§ YOUR GOAL
Below are records; reproduce exactly the lines from the one that has "count_all count b [] = b" through the one that has "count_all-adds count counts (u", ends included, and nothing more.

START RECORDS FOR THIS EXERCISE

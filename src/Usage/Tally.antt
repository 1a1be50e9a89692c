-- ===== src/Usage/Tally.antt =====
-- The buckets against the rows of each key.
use cursor_pulse.Base.{
  ℕ, ◌+◌, ◌≡◌, refl, sym, ap, ◌∙◌, List, [], ◌∷◌, arith, or_else, sum_by, keep, length, All,
  Bool-cases, inl, inr,
}
use cursor_pulse.Base.Dict.{
  Eq, Dict, lookup, insert, Distinct, lookup-insert, insert-Distinct, All-of_lookup,
}
use cursor_pulse.Usage.{Usage, Bucket, new_bucket, put_bucket}

-- The rows of a key, one after another.
abbrev pub count_all : (Bucket → Usage → Bucket) → Bucket → List Usage → Bucket
count_all count b [] = b
count_all count b (u ∷ rows) = count_all count (count b u) rows

-- One map on its own.
abbrev pub tally_loop :
    {K : Type 0}
    → ⦃e : Eq K⦄ → (Bucket → Usage → Bucket)
    → (Usage → K)
    → List Usage
    → Dict K Bucket
    → Dict K Bucket
tally_loop count key [] d = d
tally_loop count key (u ∷ rows) d = tally_loop count key rows (put_bucket count (key u) u d)

-- The three sums of a bucket are those of some rows.
abbrev pub IsTally : List Usage → Bucket → Type 0
IsTally rows b =
    (b.request_count ≡ length rows)
    × (b.total_tokens ≡ sum_by (λ (u : Usage). u.total_tokens) rows)
    × (b.cost_cents ≡ sum_by (λ (u : Usage). u.cost_cents) rows)

-- What both kinds of bucket do with a row.
abbrev pub IsCount : (Bucket → Usage → Bucket) → Type 0
IsCount count =
    (b : Bucket) (u : Usage)
    → ((count b u).request_count ≡ b.request_count + 1)
      × ((count b u).total_tokens ≡ b.total_tokens + u.total_tokens)
      × ((count b u).cost_cents ≡ b.cost_cents + u.cost_cents)

pub count_all-adds :
    (count : Bucket → Usage → Bucket)
    → IsCount count
    → (rows : List Usage) (b : Bucket)
    → let after = count_all count b rows in
      (after.request_count ≡ b.request_count + length rows)
      × (after.total_tokens ≡ b.total_tokens + sum_by (λ (u : Usage). u.total_tokens) rows)
      × (after.cost_cents ≡ b.cost_cents + sum_by (λ (u : Usage). u.cost_cents) rows)
count_all-adds count counts [] b = (omega arith, omega arith, omega arith)
count_all-adds count counts (u ∷ rows) b =
    let (n, t, c) = count_all-adds count counts rows (count b u) in
    let (n', t', c') = counts b u in
    (omega (arith, n, n'), omega (arith, t, t'), omega (arith, c, c'))

module _ {K : Type 0} ⦃e : Eq K⦄ (count : Bucket → Usage → Bucket) (key : Usage → K) where
  tally_loop-lookup :
      (k : K) (rows : List Usage) (d : Dict K Bucket)
      → or_else (lookup k (tally_loop count key rows d)) new_bucket
        ≡ count_all count (or_else (lookup k d) new_bucket) (keep (λ u. e.beq k (key u)) rows)
  unfolding put_bucket
  tally_loop-lookup k [] d = refl
  tally_loop-lookup k (u ∷ rows) d =
      tally_loop-lookup k rows (put_bucket count (key u) u d)
      ∙ (let v = count (or_else (lookup (key u) d) new_bucket) u in
          elim (Bool-cases (e.beq k (key u))) [
            | inl same ↦
                let at_key : k ≡ key u = (e.beq_iff k (key u)).0 same in
                rw (lookup-insert (key u) k v d, same)
                  (ap
                    (λ j.
                      count_all count (count (or_else (lookup j d) new_bucket) u)
                        (keep (λ w. e.beq k (key w)) rows))
                    (sym at_key))
            | inr other ↦ rw (lookup-insert (key u) k v d, other) refl
          ])

  tally_loop-Distinct :
      (rows : List Usage) (d : Dict K Bucket) → Distinct d → Distinct (tally_loop count key rows d)
  unfolding put_bucket
  tally_loop-Distinct [] d distinct = distinct
  tally_loop-Distinct (u ∷ rows) d distinct =
      tally_loop-Distinct rows _ (insert-Distinct (key u) _ d distinct)

  -- Every bucket counts the rows of its key.
  pub tally_loop-All :
      (rows : List Usage)
      → All
          (λ i. i.1 ≡ count_all count new_bucket (keep (λ u. e.beq i.0 (key u)) rows))
          (tally_loop count key rows [])
  tally_loop-All rows =
      All-of_lookup (λ k b. b ≡ count_all count new_bucket (keep (λ u. e.beq k (key u)) rows))
        (tally_loop count key rows []) (tally_loop-Distinct rows [] tt)
        (λ k b found. ap (λ o. or_else o new_bucket) (sym found) ∙ tally_loop-lookup k rows [])

  -- A sum over the buckets is the sum over all rows.
  module _ (field : Bucket → ℕ) (amount : Usage → ℕ) (starts : field new_bucket ≡ 0)
      (grows : (b : Bucket) (u : Usage) → field (count b u) ≡ field b + amount u) where
    insert-sum :
        (k : K) (v : Bucket) (d : Dict K Bucket)
        → sum_by (λ (i : K × Bucket). field i.1) (insert k v d)
            + field (or_else (lookup k d) new_bucket)
          ≡ sum_by (λ (i : K × Bucket). field i.1) d + field v
    insert-sum k v [] = omega (arith, starts)
    insert-sum k v ((j, b) ∷ d) = elim (Bool-cases (e.beq k j)) [
      | inl here ↦ rw here (omega arith)
      | inr later ↦ rw later (omega (arith, insert-sum k v d))
    ]

    put_bucket-sum :
        (k : K) (u : Usage) (d : Dict K Bucket)
        → sum_by (λ (i : K × Bucket). field i.1) (put_bucket count k u d)
          ≡ sum_by (λ (i : K × Bucket). field i.1) d + amount u
    unfolding put_bucket
    put_bucket-sum k u d =
        let old = or_else (lookup k d) new_bucket in
        omega (arith, insert-sum k (count old u) d, grows old u)

    pub tally_loop-sum :
        (rows : List Usage) (d : Dict K Bucket)
        → sum_by (λ (i : K × Bucket). field i.1) (tally_loop count key rows d)
          ≡ sum_by (λ (i : K × Bucket). field i.1) d + sum_by amount rows
    tally_loop-sum [] d = omega arith
    tally_loop-sum (u ∷ rows) d =
        omega
          (arith, tally_loop-sum rows (put_bucket count (key u) u d), put_bucket-sum (key u) u d)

END RECORDS FOR THIS EXERCISE

§ WRITTEN RESPONSE
count_all count b [] = b
count_all count b (u ∷ rows) = count_all count (count b u) rows

-- One map on its own.
abbrev pub tally_loop :
    {K : Type 0}
    → ⦃e : Eq K⦄ → (Bucket → Usage → Bucket)
    → (Usage → K)
    → List Usage
    → Dict K Bucket
    → Dict K Bucket
tally_loop count key [] d = d
tally_loop count key (u ∷ rows) d = tally_loop count key rows (put_bucket count (key u) u d)

-- The three sums of a bucket are those of some rows.
abbrev pub IsTally : List Usage → Bucket → Type 0
IsTally rows b =
    (b.request_count ≡ length rows)
    × (b.total_tokens ≡ sum_by (λ (u : Usage). u.total_tokens) rows)
    × (b.cost_cents ≡ sum_by (λ (u : Usage). u.cost_cents) rows)

-- What both kinds of bucket do with a row.
abbrev pub IsCount : (Bucket → Usage → Bucket) → Type 0
IsCount count =
    (b : Bucket) (u : Usage)
    → ((count b u).request_count ≡ b.request_count + 1)
      × ((count b u).total_tokens ≡ b.total_tokens + u.total_tokens)
      × ((count b u).cost_cents ≡ b.cost_cents + u.cost_cents)

pub count_all-adds :
    (count : Bucket → Usage → Bucket)
    → IsCount count
    → (rows : List Usage) (b : Bucket)
    → let after = count_all count b rows in
      (after.request_count ≡ b.request_count + length rows)
      × (after.total_tokens ≡ b.total_tokens + sum_by (λ (u : Usage). u.total_tokens) rows)
      × (after.cost_cents ≡ b.cost_cents + sum_by (λ (u : Usage). u.cost_cents) rows)
count_all-adds count counts [] b = (omega arith, omega arith, omega arith)
count_all-adds count counts (u ∷ rows) b =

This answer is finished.